● EXERCISE DIRECTIONS:
Print out the records that follow, exactly and completely.

*** GIVEN RECORDS Section Begins ***

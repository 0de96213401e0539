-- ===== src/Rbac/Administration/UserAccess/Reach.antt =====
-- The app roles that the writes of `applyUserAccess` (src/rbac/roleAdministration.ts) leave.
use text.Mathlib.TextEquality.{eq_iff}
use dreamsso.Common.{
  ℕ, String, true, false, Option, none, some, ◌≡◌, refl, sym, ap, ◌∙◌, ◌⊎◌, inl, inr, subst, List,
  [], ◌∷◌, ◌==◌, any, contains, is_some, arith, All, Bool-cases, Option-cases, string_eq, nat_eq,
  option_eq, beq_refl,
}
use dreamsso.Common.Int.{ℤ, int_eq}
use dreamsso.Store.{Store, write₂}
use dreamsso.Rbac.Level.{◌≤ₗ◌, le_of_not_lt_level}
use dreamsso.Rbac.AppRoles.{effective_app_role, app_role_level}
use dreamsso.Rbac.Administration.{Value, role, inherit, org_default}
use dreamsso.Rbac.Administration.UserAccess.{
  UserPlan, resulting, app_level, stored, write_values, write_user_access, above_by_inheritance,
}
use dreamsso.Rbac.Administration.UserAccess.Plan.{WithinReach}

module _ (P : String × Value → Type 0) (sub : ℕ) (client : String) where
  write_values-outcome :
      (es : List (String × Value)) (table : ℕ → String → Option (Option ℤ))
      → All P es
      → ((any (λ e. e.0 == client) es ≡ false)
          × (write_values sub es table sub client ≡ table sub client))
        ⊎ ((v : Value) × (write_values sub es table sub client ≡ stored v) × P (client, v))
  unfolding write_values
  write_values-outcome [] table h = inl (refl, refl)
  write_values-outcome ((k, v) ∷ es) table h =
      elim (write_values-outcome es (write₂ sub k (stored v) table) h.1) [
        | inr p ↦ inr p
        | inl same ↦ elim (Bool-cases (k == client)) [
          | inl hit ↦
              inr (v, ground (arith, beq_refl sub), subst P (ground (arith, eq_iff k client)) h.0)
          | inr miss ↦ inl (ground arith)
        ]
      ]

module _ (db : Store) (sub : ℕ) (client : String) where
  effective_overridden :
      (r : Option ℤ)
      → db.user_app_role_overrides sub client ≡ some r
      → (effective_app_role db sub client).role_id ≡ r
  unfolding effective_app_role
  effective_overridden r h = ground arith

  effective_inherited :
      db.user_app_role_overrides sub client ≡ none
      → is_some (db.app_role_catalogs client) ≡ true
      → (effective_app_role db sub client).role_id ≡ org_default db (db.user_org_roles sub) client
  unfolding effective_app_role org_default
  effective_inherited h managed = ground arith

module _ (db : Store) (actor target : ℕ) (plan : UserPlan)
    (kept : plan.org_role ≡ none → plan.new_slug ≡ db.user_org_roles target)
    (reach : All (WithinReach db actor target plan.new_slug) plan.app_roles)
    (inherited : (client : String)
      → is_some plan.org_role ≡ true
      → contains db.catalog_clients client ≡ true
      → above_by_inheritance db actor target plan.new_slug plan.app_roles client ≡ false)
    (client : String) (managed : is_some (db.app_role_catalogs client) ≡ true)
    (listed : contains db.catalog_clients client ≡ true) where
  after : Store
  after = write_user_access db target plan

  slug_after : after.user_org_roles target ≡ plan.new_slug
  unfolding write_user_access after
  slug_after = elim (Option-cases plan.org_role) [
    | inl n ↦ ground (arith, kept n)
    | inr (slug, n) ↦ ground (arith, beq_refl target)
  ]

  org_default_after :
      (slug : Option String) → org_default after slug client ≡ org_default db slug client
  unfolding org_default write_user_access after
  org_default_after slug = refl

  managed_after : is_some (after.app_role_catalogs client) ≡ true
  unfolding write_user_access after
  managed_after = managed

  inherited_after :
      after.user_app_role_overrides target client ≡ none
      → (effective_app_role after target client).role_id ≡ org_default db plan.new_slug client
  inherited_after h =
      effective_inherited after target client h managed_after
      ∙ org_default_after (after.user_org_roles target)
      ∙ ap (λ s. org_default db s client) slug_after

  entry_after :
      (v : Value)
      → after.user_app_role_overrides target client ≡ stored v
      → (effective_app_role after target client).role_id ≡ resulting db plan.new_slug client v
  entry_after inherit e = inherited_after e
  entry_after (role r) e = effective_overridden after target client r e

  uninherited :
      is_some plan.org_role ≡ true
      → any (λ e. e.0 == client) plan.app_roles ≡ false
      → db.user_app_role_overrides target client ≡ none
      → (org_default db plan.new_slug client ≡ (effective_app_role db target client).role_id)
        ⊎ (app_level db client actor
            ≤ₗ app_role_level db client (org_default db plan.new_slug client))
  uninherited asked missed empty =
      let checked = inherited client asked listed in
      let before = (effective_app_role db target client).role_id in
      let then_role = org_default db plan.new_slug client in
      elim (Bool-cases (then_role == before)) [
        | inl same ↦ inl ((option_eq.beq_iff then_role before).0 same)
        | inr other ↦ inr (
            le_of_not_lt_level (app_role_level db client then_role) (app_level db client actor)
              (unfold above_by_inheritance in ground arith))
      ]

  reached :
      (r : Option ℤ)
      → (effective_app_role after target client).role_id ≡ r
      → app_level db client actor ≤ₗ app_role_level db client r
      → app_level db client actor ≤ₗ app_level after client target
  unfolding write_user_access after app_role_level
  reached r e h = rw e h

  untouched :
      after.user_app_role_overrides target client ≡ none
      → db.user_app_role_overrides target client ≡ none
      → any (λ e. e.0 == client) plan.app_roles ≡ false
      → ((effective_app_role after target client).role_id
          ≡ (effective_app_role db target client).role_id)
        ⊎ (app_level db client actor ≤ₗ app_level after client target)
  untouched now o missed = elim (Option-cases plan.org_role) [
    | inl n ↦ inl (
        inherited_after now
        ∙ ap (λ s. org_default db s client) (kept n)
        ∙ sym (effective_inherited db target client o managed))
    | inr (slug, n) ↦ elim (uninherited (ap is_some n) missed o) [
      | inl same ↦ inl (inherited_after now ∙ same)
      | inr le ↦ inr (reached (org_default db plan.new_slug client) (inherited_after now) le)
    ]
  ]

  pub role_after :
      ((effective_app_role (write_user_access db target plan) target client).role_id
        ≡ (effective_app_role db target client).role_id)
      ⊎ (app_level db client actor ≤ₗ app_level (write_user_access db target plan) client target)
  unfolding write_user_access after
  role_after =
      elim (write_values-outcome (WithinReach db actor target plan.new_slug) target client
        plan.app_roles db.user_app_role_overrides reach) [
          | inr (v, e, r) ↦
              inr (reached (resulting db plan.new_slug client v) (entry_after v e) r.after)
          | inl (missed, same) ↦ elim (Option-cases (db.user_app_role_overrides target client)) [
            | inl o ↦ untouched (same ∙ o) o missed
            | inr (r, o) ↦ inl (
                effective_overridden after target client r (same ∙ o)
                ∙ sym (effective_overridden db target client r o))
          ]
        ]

*** GIVEN RECORDS Section Ends ***

● COMPLETED EXERCISE:
repository 0de96213401e0539
-- ===== src/Rbac/Administration/UserAccess/Reach.antt =====
-- The app roles that the writes of `applyUserAccess` (src/rbac/roleAdministration.ts) leave.
use text.Mathlib.TextEquality.{eq_iff}
use dreamsso.Common.{
  ℕ, String, true, false, Option, none, some, ◌≡◌, refl, sym, ap, ◌∙◌, ◌⊎◌, inl, inr, subst, List,
  [], ◌∷◌, ◌==◌, any, contains, is_some, arith, All, Bool-cases, Option-cases, string_eq, nat_eq,
  option_eq, beq_refl,
}
use dreamsso.Common.Int.{ℤ, int_eq}
use dreamsso.Store.{Store, write₂}
use dreamsso.Rbac.Level.{◌≤ₗ◌, le_of_not_lt_level}
use dreamsso.Rbac.AppRoles.{effective_app_role, app_role_level}
use dreamsso.Rbac.Administration.{Value, role, inherit, org_default}
use dreamsso.Rbac.Administration.UserAccess.{
  UserPlan, resulting, app_level, stored, write_values, write_user_access, above_by_inheritance,
}
use dreamsso.Rbac.Administration.UserAccess.Plan.{WithinReach}

module _ (P : String × Value → Type 0) (sub : ℕ) (client : String) where
  write_values-outcome :
      (es : List (String × Value)) (table : ℕ → String → Option (Option ℤ))
      → All P es
      → ((any (λ e. e.0 == client) es ≡ false)
          × (write_values sub es table sub client ≡ table sub client))
        ⊎ ((v : Value) × (write_values sub es table sub client ≡ stored v) × P (client, v))
  unfolding write_values
  write_values-outcome [] table h = inl (refl, refl)
  write_values-outcome ((k, v) ∷ es) table h =
      elim (write_values-outcome es (write₂ sub k (stored v) table) h.1) [
        | inr p ↦ inr p
        | inl same ↦ elim (Bool-cases (k == client)) [
          | inl hit ↦
              inr (v, ground (arith, beq_refl sub), subst P (ground (arith, eq_iff k client)) h.0)
          | inr miss ↦ inl (ground arith)
        ]
      ]

module _ (db : Store) (sub : ℕ) (client : String) where
  effective_overridden :
      (r : Option ℤ)
      → db.user_app_role_overrides sub client ≡ some r
      → (effective_app_role db sub client).role_id ≡ r
  unfolding effective_app_role
  effective_overridden r h = ground arith

  effective_inherited :
      db.user_app_role_overrides sub client ≡ none
      → is_some (db.app_role_catalogs client) ≡ true
      → (effective_app_role db sub client).role_id ≡ org_default db (db.user_org_roles sub) client
  unfolding effective_app_role org_default
  effective_inherited h managed = ground arith

module _ (db : Store) (actor target : ℕ) (plan : UserPlan)
    (kept : plan.org_role ≡ none → plan.new_slug ≡ db.user_org_roles target)
    (reach : All (WithinReach db actor target plan.new_slug) plan.app_roles)
    (inherited : (client : String)
      → is_some plan.org_role ≡ true
      → contains db.catalog_clients client ≡ true
      → above_by_inheritance db actor target plan.new_slug plan.app_roles client ≡ false)
    (client : String) (managed : is_some (db.app_role_catalogs client) ≡ true)
    (listed : contains db.catalog_clients client ≡ true) where
  after : Store
  after = write_user_access db target plan

  slug_after : after.user_org_roles target ≡ plan.new_slug
  unfolding write_user_access after
  slug_after = elim (Option-cases plan.org_role) [
    | inl n ↦ ground (arith, kept n)
    | inr (slug, n) ↦ ground (arith, beq_refl target)
  ]

  org_default_after :
      (slug : Option String) → org_default after slug client ≡ org_default db slug client
  unfolding org_default write_user_access after
  org_default_after slug = refl

  managed_after : is_some (after.app_role_catalogs client) ≡ true
  unfolding write_user_access after
  managed_after = managed

  inherited_after :
      after.user_app_role_overrides target client ≡ none
      → (effective_app_role after target client).role_id ≡ org_default db plan.new_slug client
  inherited_after h =
      effective_inherited after target client h managed_after
      ∙ org_default_after (after.user_org_roles target)
      ∙ ap (λ s. org_default db s client) slug_after

  entry_after :
      (v : Value)
      → after.user_app_role_overrides target client ≡ stored v
      → (effective_app_role after target client).role_id ≡ resulting db plan.new_slug client v
  entry_after inherit e = inherited_after e
  entry_after (role r) e = effective_overridden after target client r e

  uninherited :
      is_some plan.org_role ≡ true
      → any (λ e. e.0 == client) plan.app_roles ≡ false
      → db.user_app_role_overrides target client ≡ none
      → (org_default db plan.new_slug client ≡ (effective_app_role db target client).role_id)
        ⊎ (app_level db client actor
            ≤ₗ app_role_level db client (org_default db plan.new_slug client))
  uninherited asked missed empty =
      let checked = inherited client asked listed in
      let before = (effective_app_role db target client).role_id in
      let then_role = org_default db plan.new_slug client in
      elim (Bool-cases (then_role == before)) [
        | inl same ↦ inl ((option_eq.beq_iff then_role before).0 same)
        | inr other ↦ inr (
            le_of_not_lt_level (app_role_level db client then_role) (app_level db client actor)
              (unfold above_by_inheritance in ground arith))
      ]

  reached :
      (r : Option ℤ)
      → (effective_app_role after target client).role_id ≡ r
      → app_level db client actor ≤ₗ app_role_level db client r
      → app_level db client actor ≤ₗ app_level after client target
  unfolding write_user_access after app_role_level
  reached r e h = rw e h

  untouched :
      after.user_app_role_overrides target client ≡ none
      → db.user_app_role_overrides target client ≡ none
      → any (λ e. e.0 == client) plan.app_roles ≡ false
      → ((effective_app_role after target client).role_id
          ≡ (effective_app_role db target client).role_id)
        ⊎ (app_level db client actor ≤ₗ app_level after client target)
  untouched now o missed = elim (Option-cases plan.org_role) [
    | inl n ↦ inl (
        inherited_after now
        ∙ ap (λ s. org_default db s client) (kept n)
        ∙ sym (effective_inherited db target client o managed))
    | inr (slug, n) ↦ elim (uninherited (ap is_some n) missed o) [
      | inl same ↦ inl (inherited_after now ∙ same)
      | inr le ↦ inr (reached (org_default db plan.new_slug client) (inherited_after now) le)
    ]
  ]

  pub role_after :
      ((effective_app_role (write_user_access db target plan) target client).role_id
        ≡ (effective_app_role db target client).role_id)
      ⊎ (app_level db client actor ≤ₗ app_level (write_user_access db target plan) client target)
  unfolding write_user_access after
  role_after =
      elim (write_values-outcome (WithinReach db actor target plan.new_slug) target client
        plan.app_roles db.user_app_role_overrides reach) [
          | inr (v, e, r) ↦
              inr (reached (resulting db plan.new_slug client v) (entry_after v e) r.after)
          | inl (missed, same) ↦ elim (Option-cases (db.user_app_role_overrides target client)) [
            | inl o ↦ untouched (same ∙ o) o missed
            | inr (r, o) ↦ inl (
                effective_overridden after target client r (same ∙ o)
                ∙ sym (effective_overridden db target client r o))
          ]
        ]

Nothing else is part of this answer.